### [MATERIAL SHOWN]
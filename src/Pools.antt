-- ===== src/Pools.antt =====
-- lnst/Controller/AgentPoolManager.py: the machines of the pools, from what lxml reads out of their
-- files, with lnst/Controller/AgentMachineParser.py. What the directories hold, and what answers a
-- connection to a machine, are arguments.
pub mod Parser
pub mod Loaded
pub mod Tests
use lnst.Prelude.{
  String, Option, none, some, List, [], ◌∷◌, Bool, true, false, not, ◌||◌, ◌&&◌, ◌==◌, string_eq,
  nat_beq, if◌then◌else◌,
}
use lnst.Prelude.Dict.{Dict, get, has, put, del}
use lnst.Prelude.Text.{upper, rstrip}
use lnst.Prelude.Exc.{
  Result, ok, err, guard, or_raise, ◌>>=◌, ◌>>◌, key_error, value_error, pool_manager_error,
}
use lnst.Mapper.Defs.{Iface, Host}

-- A `{"name": ..., "value": ...}`
pub record ParamXml : Type 0 where
  pub name : String
  pub value : String

-- The parser leaves out "params" where there are none.
pub record IfaceXml : Type 0 where
  pub id : String
  pub network : String
  pub params : Option (List ParamXml)

-- "auth_type" and, but where there is no security tag, "auth_passwd" and "pubkey_path"
pub record Security : Type 0 where
  pub auth_type : String
  pub keys : Option (String × String)

pub record MachineXml : Type 0 where
  pub params : Option (List ParamXml)
  pub interfaces : Option (List IfaceXml)
  pub security : Security

-- The dictionary of a machine in a pool; what the mapper reads of it is the host.
pub record Spec : Type 0 where
  pub host : Host
  pub security : Security
  pub available : Option Bool

unfoldable pub normalize_hwaddr : String → String
normalize_hwaddr hwaddr = rstrip (λ c. nat_beq c 10) (upper hwaddr)

unfoldable pub add_params : Dict String String → List ParamXml → Dict String String
add_params d [] = d
add_params d (p ∷ ps) = add_params (put d p.name p.value) ps

unfoldable pub add_iface_params : Dict String String → List ParamXml → Dict String String
add_iface_params d [] = d
add_iface_params d (p ∷ ps) =
    add_iface_params
      (put d p.name (if p.name == "hwaddr" then normalize_hwaddr p.value else p.value)) ps

unfoldable pub process_iface_xml_data : IfaceXml → Result Iface
process_iface_xml_data iface = or_raise iface.params key_error >>= λ ps.
    guard (has (add_iface_params [] ps) "hwaddr") pool_manager_error
    >> ok (record { network = iface.network; params = add_iface_params [] ps })

-- Whether an interface has the MAC address.
unfoldable pub hwaddr_dup : String → Dict String Iface → Result Bool
hwaddr_dup if_hwaddr [] = ok false
hwaddr_dup if_hwaddr ((k, v) ∷ ifs) = or_raise (get v.params "hwaddr") key_error >>= λ a.
    hwaddr_dup if_hwaddr ifs >>= λ b. ok (a == if_hwaddr || b)

unfoldable pub add_interface : Dict String Iface → IfaceXml → Result (Dict String Iface)
add_interface ifs iface = process_iface_xml_data iface >>= λ spec.
    guard (not (has ifs iface.id)) pool_manager_error
    >> or_raise (get spec.params "hwaddr") key_error
    >>= λ if_hwaddr. hwaddr_dup if_hwaddr ifs >>= λ dup.
        guard (not dup) pool_manager_error >> ok (put ifs iface.id spec)

unfoldable pub add_interfaces : Dict String Iface → List IfaceXml → Result (Dict String Iface)
add_interfaces ifs [] = ok ifs
add_interfaces ifs (iface ∷ more) = add_interface ifs iface >>= λ next. add_interfaces next more

-- "hostname" is mandatory; the error reads the parameters of the file.
unfoldable pub require_hostname : Dict String String → MachineXml → Result (Unit {0})
require_hostname params xml =
    if has params "hostname"
    then ok tt
    else or_raise xml.params key_error >>= λ ps. err pool_manager_error

abbrev pub or_empty : {A : Type 0} → Option (List A) → List A
or_empty none = []
or_empty (some xs) = xs

unfoldable pub process_machine_xml_data : MachineXml → Result Spec
process_machine_xml_data xml =
    let params = add_params [] (or_empty xml.params) in
    require_hostname params xml >> add_interfaces [] (or_empty xml.interfaces) >>= λ ifs.
    ok (record {
      host = record { interfaces = ifs; params = params };
      security = xml.security;
      available = none;
    })

abbrev pub Pool : Type 0
Pool = Dict String Spec

-- `"libvirt_domain" in rm and "libvirt_domain" in pm` and the two are equal
abbrev pub same_domain : Option String → Option String → Bool
same_domain none pm = false
same_domain (some r) none = false
same_domain (some r) (some p) = p == r

-- The loop of add_file over the machines of the pool.
unfoldable pub check_listed : Dict String String → Pool → Result (Unit {0})
check_listed rm [] = ok tt
check_listed rm ((pm_id, m) ∷ pool) = or_raise (get m.host.params "hostname") key_error >>= λ p.
    or_raise (get rm "hostname") key_error >>= λ r.
    guard (not (p == r)) pool_manager_error
    >> guard (not (same_domain (get rm "libvirt_domain") (get m.host.params "libvirt_domain")))
        pool_manager_error
    >> check_listed rm pool

abbrev pub without_domain : Spec → Spec
without_domain m = record m {
  host = record { interfaces = m.host.interfaces; params = del m.host.params "libvirt_domain" };
}

-- add_file, of a file that names a machine, from what the parser gives
unfoldable pub add_file : Bool → Pool → Result MachineXml → Result Spec
add_file allow_virt pool parsed = parsed >>= λ xml. process_machine_xml_data xml >>= λ m.
    (let spec =
        if has m.host.params "libvirt_domain" && not allow_virt then without_domain m else m in
      check_listed spec.host.params pool >> ok spec)

-- An entry of a directory: a file that is named *.xml, with its name before that, or another.
pub data Dirent : Type 0 where
  machine_file : String → Result MachineXml → Dirent
  other : Dirent

unfoldable pub add_files : Bool → Pool → List Dirent → Result Pool
add_files allow_virt pool [] = ok pool
add_files allow_virt pool (other ∷ dentries) = add_files allow_virt pool dentries
add_files allow_virt pool (machine_file m_id parsed ∷ dentries) =
    add_file allow_virt pool parsed >>= λ m. add_files allow_virt (put pool m_id m) dentries

-- What comes of connecting to a host at a port, given as text or left to the default: `int` takes
-- no such text, the connection fails at once, or it ends with an error, or it is made.
pub data Answer : Type 0 where
  invalid_port unreachable refused accepted : Answer

abbrev pub is_up : Answer → Result Bool
is_up invalid_port = err value_error
is_up unreachable = ok false
is_up refused = ok false
is_up accepted = ok true

-- The checks of add_dir. They are made in the order of the names, which their outcome does not show
-- but in which of two invalid ports raises.
unfoldable pub query : (String → Option String → Answer) → Pool → Result Pool
query connect [] = ok []
query connect ((m_id, m) ∷ pool) = or_raise (get m.host.params "hostname") key_error >>= λ hostname.
    is_up (connect hostname (get m.host.params "rpc_port")) >>= λ up.
    query connect pool >>= λ rest. ok ((m_id, record m { available = some up }) ∷ rest)

-- Without checks
unfoldable pub assume_available : Pool → Pool
assume_available [] = []
assume_available ((m_id, m) ∷ pool) =
    (m_id, record m { available = some true }) ∷ assume_available pool

unfoldable pub drop_unavailable : Pool → Result Pool
drop_unavailable [] = ok []
drop_unavailable ((m_id, m) ∷ pool) = or_raise m.available key_error >>= λ up.
    drop_unavailable pool >>= λ rest. ok (if up then (m_id, m) ∷ rest else rest)

-- What AgentPoolManager() is given: `_allow_virt`, `_pool_checks`, os.listdir and the network.
pub record Site : Type 0 where
  pub allow_virt : Bool
  pub pool_checks : Bool
  pub listdir : String → Option (List Dirent)
  pub connect : String → Option String → Answer

-- A directory that cannot be listed leaves the pool as it is.
unfoldable pub add_dir : Site → Pool → String → Result Pool
add_dir site pool dir_path = elim (site.listdir dir_path) [
  | none ↦ ok pool
  | some dentries ↦ add_files site.allow_virt pool dentries >>= λ p.
      (if site.pool_checks then query site.connect p else ok (assume_available p)) >>= λ q.
      drop_unavailable q
]

-- The loop of AgentPoolManager() over the pools
unfoldable pub add_pools :
    Site → Dict String Pool → List (String × String) → Result (Dict String Pool)
add_pools site pools [] = ok pools
add_pools site pools ((pool_name, dir_path) ∷ more) = add_dir site [] dir_path >>= λ p.
    add_pools site (elim p [ [] ↦ pools | m ∷ ms ↦ put pools pool_name (m ∷ ms) ]) more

### [EXERCISE]
Referring to the material above, set down exactly the lines between the line with "hwaddr_dup if_hwaddr ((k, v)" and the line with "add_interface ifs iface = process_iface_xml_data", inclusive, and no other lines.

### [RESULT FOR THIS EXERCISE]
hwaddr_dup if_hwaddr ((k, v) ∷ ifs) = or_raise (get v.params "hwaddr") key_error >>= λ a.
    hwaddr_dup if_hwaddr ifs >>= λ b. ok (a == if_hwaddr || b)

unfoldable pub add_interface : Dict String Iface → IfaceXml → Result (Dict String Iface)
add_interface ifs iface = process_iface_xml_data iface >>= λ spec.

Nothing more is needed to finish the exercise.